Sunday, April 23, 2017

Flirt, Swoon, Use Your Womanly Devices

When your evening begins somewhere luxe, you don't anticipate it ending in an industrial corridor.

Our quartet arrived in the rain at Spoonbread Bistro, were shown to a table in the center of the room and immediately began social intercoursing, at least until we noticed the restaurant steadily filling up. Pros all, we knew it was best to order before the masses did.

The Four Graces Pinot Blanc wet our whistles and amuse bouches of spicy pimento cheese tarts whet our appetites. My companion's order changed once our ginger-bearded server announced that softshell crabs were in the house, while I stuck with a gift-wrapped salad and scallops with corn pudding and bacon drizzle.

The scared and profane part of the discussion began when the friend eating frogmore stew admitted he had shown up for Easter dinner with nothing more than a bouquet of flowers and a cherry pie, completely unaware that Easter was a gift-giving holiday.

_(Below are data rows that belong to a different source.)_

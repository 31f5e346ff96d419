-- ===== src/OnDelete.antt =====
-- What the database does to the rows that refer to a deleted row: the foreign keys of
-- backend/app/db/models with ON DELETE CASCADE or SET NULL. The request ends with the deletion, so
-- that the objects that its session holds are those of the rows afterwards.
use telegram_marketing_crm.Prelude.{ℕ, Bool, Option, none, some, List, [], ◌∷◌, ◌==◌, if◌then◌else◌}
use telegram_marketing_crm.Prelude.Keys.{mem}
use telegram_marketing_crm.Db.{Table, keys_where}
use telegram_marketing_crm.Models.Contact.{Contact}
use telegram_marketing_crm.Models.Sender.{SendTarget}
use telegram_marketing_crm.Models.Destination.{GroupMembership}
use telegram_marketing_crm.Models.Campaign.{CampaignTarget}
use telegram_marketing_crm.Models.Inbox.{Conversation, Message}
use telegram_marketing_crm.Models.Warmup.{WarmupParticipant}
use telegram_marketing_crm.Models.Bot.{BotSubscriber}
use telegram_marketing_crm.Session.{Session}

-- A column with SET NULL.
nulled : ℕ → Option ℕ → Option ℕ
nulled k none = none
nulled k (some j) = if j == k then none else some j

module _ {ℓ} {R : Type ℓ} where
  each_row : (R → R) → List (ℕ × R) → List (ℕ × R)
  each_row f [] = []
  each_row f ((k, r) ∷ l) = (k, f r) ∷ each_row f l

  drop_rows : (R → Bool) → List (ℕ × R) → List (ℕ × R)
  drop_rows p [] = []
  drop_rows p ((k, r) ∷ l) = let rest = drop_rows p l in if p r then rest else (k, r) ∷ rest

  set_null : (R → R) → Table R → Table R
  unfolding each_row
  set_null f t = record t { objects = each_row f t.objects; rows = each_row f t.rows }

  cascade : (R → Bool) → Table R → Table R
  unfolding drop_rows
  cascade p t = record t { objects = drop_rows p t.objects; rows = drop_rows p t.rows }

contact_without : ℕ → Contact → Contact
unfolding nulled
contact_without k r = record r { assigned_account_id = nulled k r.assigned_account_id }

send_target_without : ℕ → SendTarget → SendTarget
unfolding nulled
send_target_without k r = record r { account_id = nulled k r.account_id }

campaign_target_without : ℕ → CampaignTarget → CampaignTarget
unfolding nulled
campaign_target_without k r = record r { account_id = nulled k r.account_id }

membership_without : ℕ → GroupMembership → GroupMembership
unfolding nulled
membership_without k r = record r { account_id = nulled k r.account_id }

message_without : ℕ → Message → Message
unfolding nulled
message_without k r = record r { account_id = nulled k r.account_id }

conversation_of_account : ℕ → Conversation → Bool
conversation_of_account k r = r.account_id == k

message_of_conversations : List ℕ → Message → Bool
message_of_conversations ks r = mem r.conversation_id ks

participant_of_account : ℕ → WarmupParticipant → Bool
participant_of_account k r = r.account_id == k

-- After the account with the key `k` is deleted: its conversations go, and their messages with them.
unfoldable pub account_deleted : ℕ → Session → Session
unfolding set_null cascade contact_without send_target_without campaign_target_without
    membership_without message_without conversation_of_account message_of_conversations
    participant_of_account
account_deleted k s =
    let gone = keys_where (λ j r. conversation_of_account k r) s.conversations.rows in
    record s {
      contacts = set_null (contact_without k) s.contacts;
      send_targets = set_null (send_target_without k) s.send_targets;
      campaign_targets = set_null (campaign_target_without k) s.campaign_targets;
      memberships = set_null (membership_without k) s.memberships;
      conversations = cascade (conversation_of_account k) s.conversations;
      messages = set_null (message_without k) (cascade (message_of_conversations gone) s.messages);
      warmup_participants = cascade (participant_of_account k) s.warmup_participants;
    }

send_target_of_contact : ℕ → SendTarget → Bool
send_target_of_contact k r = r.contact_id == k

campaign_target_of_contact : ℕ → CampaignTarget → Bool
campaign_target_of_contact k r = r.contact_id == k

membership_of_contact : ℕ → GroupMembership → Bool
membership_of_contact k r = r.contact_id == k

conversation_without : ℕ → Conversation → Conversation
unfolding nulled
conversation_without k r = record r { contact_id = nulled k r.contact_id }

subscriber_without : ℕ → BotSubscriber → BotSubscriber
unfolding nulled
subscriber_without k r = record r { contact_id = nulled k r.contact_id }

-- After the contact with the key `k` is deleted.
unfoldable pub contact_deleted : ℕ → Session → Session
unfolding set_null cascade send_target_of_contact campaign_target_of_contact membership_of_contact
    conversation_without subscriber_without
contact_deleted k s = record s {
  send_targets = cascade (send_target_of_contact k) s.send_targets;
  campaign_targets = cascade (campaign_target_of_contact k) s.campaign_targets;
  memberships = cascade (membership_of_contact k) s.memberships;
  conversations = set_null (conversation_without k) s.conversations;
  subscribers = set_null (subscriber_without k) s.subscribers;
}
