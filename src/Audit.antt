-- ===== src/Audit.antt =====
-- The audit log (backend/app/services/audit.py).
use telegram_marketing_crm.Prelude.{ℕ, Option, List}
use telegram_marketing_crm.Prelude.Text.{Text}
use telegram_marketing_crm.Db.{add}
use telegram_marketing_crm.Models.Event.{ActorType, MetaValue}
use telegram_marketing_crm.Session.{Session, commit}

unfoldable pub add_event :
    Text → ActorType → Option ℕ → Option Text → List (Text × MetaValue) → Session → Session
unfolding add
add_event event_type actor_type actor_id entity_ref meta s = record s {
  events =
      add
        (record {
          event_type = event_type;
          actor_type = actor_type;
          actor_id = actor_id;
          entity_ref = entity_ref;
          meta = meta;
        })
        s.events;
}

-- It commits all that is pending.
unfoldable pub record_event :
    Text → ActorType → Option ℕ → Option Text → List (Text × MetaValue) → Session → Session
unfolding add_event commit
record_event event_type actor_type actor_id entity_ref meta s =
    commit (add_event event_type actor_type actor_id entity_ref meta s)
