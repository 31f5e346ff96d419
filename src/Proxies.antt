-- ===== src/Proxies.antt =====
-- The proxy pool (backend/app/services/proxies.py).
pub mod Import
pub mod Links
pub mod Pool
pub mod Release
pub mod Added
use telegram_marketing_crm.Prelude.{
  ℕ, suc, Bool, true, false, ◌&&◌, ◌||◌, not, Option, none, some, List, [], ◌∷◌, ◌++◌, ◌==◌, ltb,
  if◌then◌else◌, length, head?,
}
use telegram_marketing_crm.Prelude.Text.{
  Text, codes, strip, lower, split, split_lines, contains, parse_int, Signed, text_eq, mem_text,
}
use telegram_marketing_crm.Db.{Table, get, modify, add, select}
use telegram_marketing_crm.Models.Account.{Account, Proxy, ProxyType, ProxyHealth, is_dead}
use telegram_marketing_crm.Session.{Session, commit}

-- What `urlparse` finds in a URL. The port is `none` where reading it raises ValueError, and the
-- inner `none` where the URL has no port.
pub record UrlParts : Type 0 where
  pub scheme : Text
  pub hostname : Option Text
  pub port : Option (Option ℕ)
  pub username : Option Text
  pub password : Option Text

-- `urllib.parse.urlparse`; `none` is its ValueError.
abbrev pub UrlParse : Type 0
UrlParse = Text → Option UrlParts

-- The dictionary that `parse_proxy_line` returns.
pub record ParsedProxy : Type 0 where
  pub raw : Text
  pub proxy_type : ProxyType
  pub host : Text
  pub port : ℕ
  pub username : Option Text
  pub password : Option Text

-- A parsed line, a ProxyParseError, or an exception of the URL parser.
pub data ParseResult : Type 0 where
  parsed : ParsedProxy → ParseResult
  refused : ParseResult
  raised : ParseResult

-- `_SCHEME_TO_TYPE.get(scheme)`
unfoldable pub scheme_to_type : Text → Option ProxyType
unfolding mem_text
scheme_to_type scheme =
    if mem_text scheme (codes "socks5" ∷ codes "socks5h" ∷ codes "socks" ∷ [])
    then some ProxyType.socks5
    else if mem_text scheme (codes "http" ∷ codes "https" ∷ [])
    then some ProxyType.http
    else if mem_text scheme (codes "mtproxy" ∷ codes "mtproto" ∷ [])
    then some ProxyType.mtproxy
    else none

-- `text or None`
filled : Option Text → Option Text
filled none = none
filled (some []) = none
filled (some (c ∷ s)) = some (c ∷ s)

from_url : Text → UrlParts → ProxyType → Option Text → ParseResult
unfolding filled
from_url raw url type none = ParseResult.refused
from_url raw url type (some []) = ParseResult.refused
from_url raw url type (some (c ∷ host)) = elim url.port [
  | none ↦ ParseResult.raised
  | some none ↦ ParseResult.refused
  | some (some port) ↦
      if port == 0
      then ParseResult.refused
      else ParseResult.parsed (record {
        raw = raw;
        proxy_type = type;
        host = c ∷ host;
        port = port;
        username = filled url.username;
        password = filled url.password;
      })
]

of_type : Text → UrlParts → Option ProxyType → ParseResult
unfolding from_url
of_type raw url none = ParseResult.refused
of_type raw url (some type) = from_url raw url type url.hostname

parse_url : Text → Option UrlParts → ParseResult
unfolding of_type scheme_to_type lower
parse_url raw none = ParseResult.raised
parse_url raw (some url) = of_type raw url (scheme_to_type (lower url.scheme))

-- `0 < port_int < 65536`
unfoldable pub port_of : Option Signed → Option ℕ
port_of none = none
port_of (some n) =
    if not n.negative && (ltb 0 n.magnitude && ltb n.magnitude 65536)
    then some n.magnitude
    else none

with_port : Text → Text → Option Text → Option Text → Option ℕ → ParseResult
unfolding filled
with_port raw host username password none = ParseResult.refused
with_port raw host username password (some port) = ParseResult.parsed (record {
  raw = raw;
  proxy_type = ProxyType.socks5;
  host = host;
  port = port;
  username = filled username;
  password = filled password;
})

with_host : Text → Text → Text → Option Text → Option Text → ParseResult
unfolding with_port port_of parse_int
with_host raw [] port username password = ParseResult.refused
with_host raw (c ∷ host) port username password =
    with_port raw (c ∷ host) username password (port_of (parse_int port))

parse_parts : Text → List Text → ParseResult
unfolding with_host
parse_parts raw (host ∷ port ∷ []) = with_host raw host port none none
parse_parts raw (host ∷ port ∷ username ∷ password ∷ []) =
    with_host raw host port (some username) (some password)
parse_parts raw _ = ParseResult.refused

parse_stripped : UrlParse → Text → ParseResult
unfolding parse_url parse_parts split contains
parse_stripped urlparse [] = ParseResult.refused
parse_stripped urlparse (c ∷ raw) =
    if contains (codes "://") (c ∷ raw)
    then parse_url (c ∷ raw) (urlparse (c ∷ raw))
    else parse_parts (c ∷ raw) (split b':' (c ∷ raw))

unfoldable pub parse_proxy_line : UrlParse → Text → ParseResult
unfolding parse_stripped strip
parse_proxy_line urlparse line = parse_stripped urlparse (strip line)

-- `(host, port)`
abbrev pub Address : Type 0
Address = Text × ℕ

unfoldable pub seen : Address → List Address → Bool
unfolding text_eq
seen a [] = false
seen a (b ∷ l) = text_eq b.0 a.0 && b.1 == a.1 || seen a l

-- `_exists`: the rows decide.
unfoldable pub exists_at : Address → List (ℕ × Proxy) → Bool
unfolding text_eq
exists_at a [] = false
exists_at a ((k, r) ∷ l) = text_eq r.host a.0 && r.port == a.1 || exists_at a l

abbrev pub pooled : ParsedProxy → Proxy
pooled p = record {
  raw = p.raw;
  proxy_type = p.proxy_type;
  host = p.host;
  port = p.port;
  username = p.username;
  password = p.password;
  is_active = true;
  assigned_account_id = none;
  last_checked_at = none;
  health = ProxyHealth.unknown;
  notes = none;
}

pub record Imported : Type 0 where
  pub imported : ℕ
  pub skipped : ℕ
  pub invalid : List Text

abbrev pub no_lines : Imported
no_lines = record { imported = 0; skipped = 0; invalid = [] }

-- What a line does: the counts, the addresses seen and the table. `none` is an exception that the
-- import does not catch.
unfoldable pub import_parsed :
    Text
    → ParseResult
    → Imported × List Address × Table Proxy
    → Option (Imported × List Address × Table Proxy)
unfolding seen exists_at
import_parsed line ParseResult.raised st = none
import_parsed line ParseResult.refused (n, addresses, t) =
    some (record n { invalid = n.invalid ++ line ∷ [] }, addresses, t)
import_parsed line (ParseResult.parsed p) (n, addresses, t) =
    if seen (p.host, p.port) addresses || exists_at (p.host, p.port) t.rows
    then some (record n { skipped = suc n.skipped }, addresses, t)
    else some
        (record n { imported = suc n.imported }, (p.host, p.port) ∷ addresses, add (pooled p) t)

import_line :
    UrlParse
    → Text
    → Imported × List Address × Table Proxy
    → Option (Imported × List Address × Table Proxy)
unfolding import_parsed parse_proxy_line
import_line urlparse [] st = some st
import_line urlparse (c ∷ line) st =
    import_parsed (c ∷ line) (parse_proxy_line urlparse (c ∷ line)) st

line_then :
    (Imported × List Address × Table Proxy → Option (Imported × List Address × Table Proxy))
    → Option (Imported × List Address × Table Proxy)
    → Option (Imported × List Address × Table Proxy)
line_then after none = none
line_then after (some st) = after st

unfoldable pub import_lines :
    UrlParse
    → List Text
    → Imported × List Address × Table Proxy
    → Option (Imported × List Address × Table Proxy)
unfolding import_line line_then strip
import_lines urlparse [] st = some st
import_lines urlparse (line ∷ lines) st =
    line_then (import_lines urlparse lines) (import_line urlparse (strip line) st)

import_done :
    Session → Option (Imported × List Address × Table Proxy) → Option (Imported × ℕ × Session)
import_done s none = none
import_done s (some (n, addresses, t)) =
    let s' = commit (record s { proxies = t }) in some (n, length s'.proxies.rows, s')

-- The counts, `total_in_pool`, and the session; `none` is an exception.
unfoldable pub import_proxies : UrlParse → Text → Session → Option (Imported × ℕ × Session)
unfolding import_lines split_lines import_done
import_proxies urlparse raw_text s =
    import_done s (import_lines urlparse (split_lines raw_text) (no_lines, [], s.proxies))

is_none_id : Option ℕ → Bool
is_none_id none = true
is_none_id (some k) = false

-- The WHERE clause of `assign_free_proxy`.
unfoldable pub is_free : ℕ → Proxy → Bool
unfolding is_none_id
is_free k p = p.is_active && (is_none_id p.assigned_account_id && not (is_dead p.health))

-- A proxy and an account point to each other.
unfoldable pub bind : ℕ → ℕ → Session → Session
bind account proxy s = record s {
  proxies = modify proxy (λ r. record r { assigned_account_id = some account }) s.proxies;
  accounts = modify account (λ r. record r { proxy_id = some proxy }) s.accounts;
}

assign_first : ℕ → Option ℕ → Session → Option ℕ × Session
unfolding bind
assign_first account none s = (none, s)
assign_first account (some proxy) s = (some proxy, commit (bind account proxy s))

-- `db.get(Proxy, k)`, by its key.
held : ℕ → Option Proxy → Option ℕ
held k none = none
held k (some p) = some k

assign_unless : ℕ → Option ℕ → Session → Option ℕ × Session
unfolding assign_first is_free held
assign_unless account (some proxy) s = (held proxy (get proxy s.proxies), s)
assign_unless account none s = assign_first account (head? (select is_free s.proxies)) s

link_of : Option Account → Option ℕ
link_of none = none
link_of (some a) = a.proxy_id

unfoldable pub proxy_id_of : ℕ → Session → Option ℕ
unfolding link_of
proxy_id_of account s = link_of (get account s.accounts)

-- The proxy, if there is one, of the account with the given key.
unfoldable pub assign_free_proxy : ℕ → Session → Option ℕ × Session
unfolding assign_unless proxy_id_of
assign_free_proxy account s = assign_unless account (proxy_id_of account s) s

unfoldable pub unbind : ℕ → ℕ → Session → Session
unbind account proxy s = record s {
  proxies = modify proxy (λ r. record r { assigned_account_id = none }) s.proxies;
  accounts = modify account (λ r. record r { proxy_id = none }) s.accounts;
}

release_from : ℕ → Option ℕ → Session → Session
unfolding unbind
release_from account none s = s
release_from account (some proxy) s = commit (unbind account proxy s)

unfoldable pub release_proxy : ℕ → Session → Session
unfolding release_from proxy_id_of
release_proxy account s = release_from account (proxy_id_of account s) s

Au contraire, he discovered, as we heard tell of Easters past with presents as varied as a BB gun and a Matchbox racetrack because apparently not everyone celebrates resurrection simply with black jellybeans.

And P.S., if anyone's going to bring me flowers and pie, please make it blueberry.

Tonight, mine was the rare case of dessert remorse because the 24k gold leaf carrot cake with maple icing my companion ordered was downright spectacular, certainly more alluring than the chocolate I'd opted for. Will I never learn?

We had no remorse about our choice of entertainment with "Something's Afoot," a murder mystery musical spoofing Agatha Christie's "Ten Little Indians" that, according to director Tom Width, Swift Creek Mill had produced 25 years ago. Not to point out the obvious, but I did a lot of things in 1992 that I'd just as soon not repeat now (one incident involved lemon drops and that's all I'll say about that), but Swift Creek had no such compunction.

Adding drama to drama, he also told us to check out the creek because the water coming down from under Route 1 was battling with the roiling water from the rain on this side, making for some mighty agitation. Of course I trooped outside during intermission with my willing accomplice to see nature's churning spectacle.

The story of guests being invited to an English lake country manor house for a weekend was all kinds of fun with French malapropisms ("Quelle fromage!"), a maid with a pitch-perfect Cockney accent, multiple unlikely death scenarios (poison dart, missing step, falling shield) and near-constant laughter at the top-notch cast's delivery.

Jacqueline Jones was made for the role of Miss Tweed (in a tweed suit, natch), all efficiency and suspicion, while it was impossible not to keep an eye on John Mincks' every move (casually at the fireplace adjusting his junk after fondling a fellow guest) as the crafty nephew trying to secure his inheritance.

Not for a second did the play let us forget it was all one big device, never more evident than when one guest tells another, "We'll leave as soon as it's climatically possible."

The four of us left once the play was smoking its metaphorical cigarette, only to get right back off the highway when we saw a sign for a crash ahead. The nearest exit took us on a soul-less stretch of road that put me closer to Philip Morris than I'd ever been, involved some screaming at a perceived dangerous moment (it wasn't) and, at one shoddy point, was described as resembling a cow path.

Big deal. Once you've been serenaded about getting a rash from a man with a ginger mustache, it takes a lot more than Commerce Road to sour your night.

Besides, no one wants their evening to end before it's climatically optimal.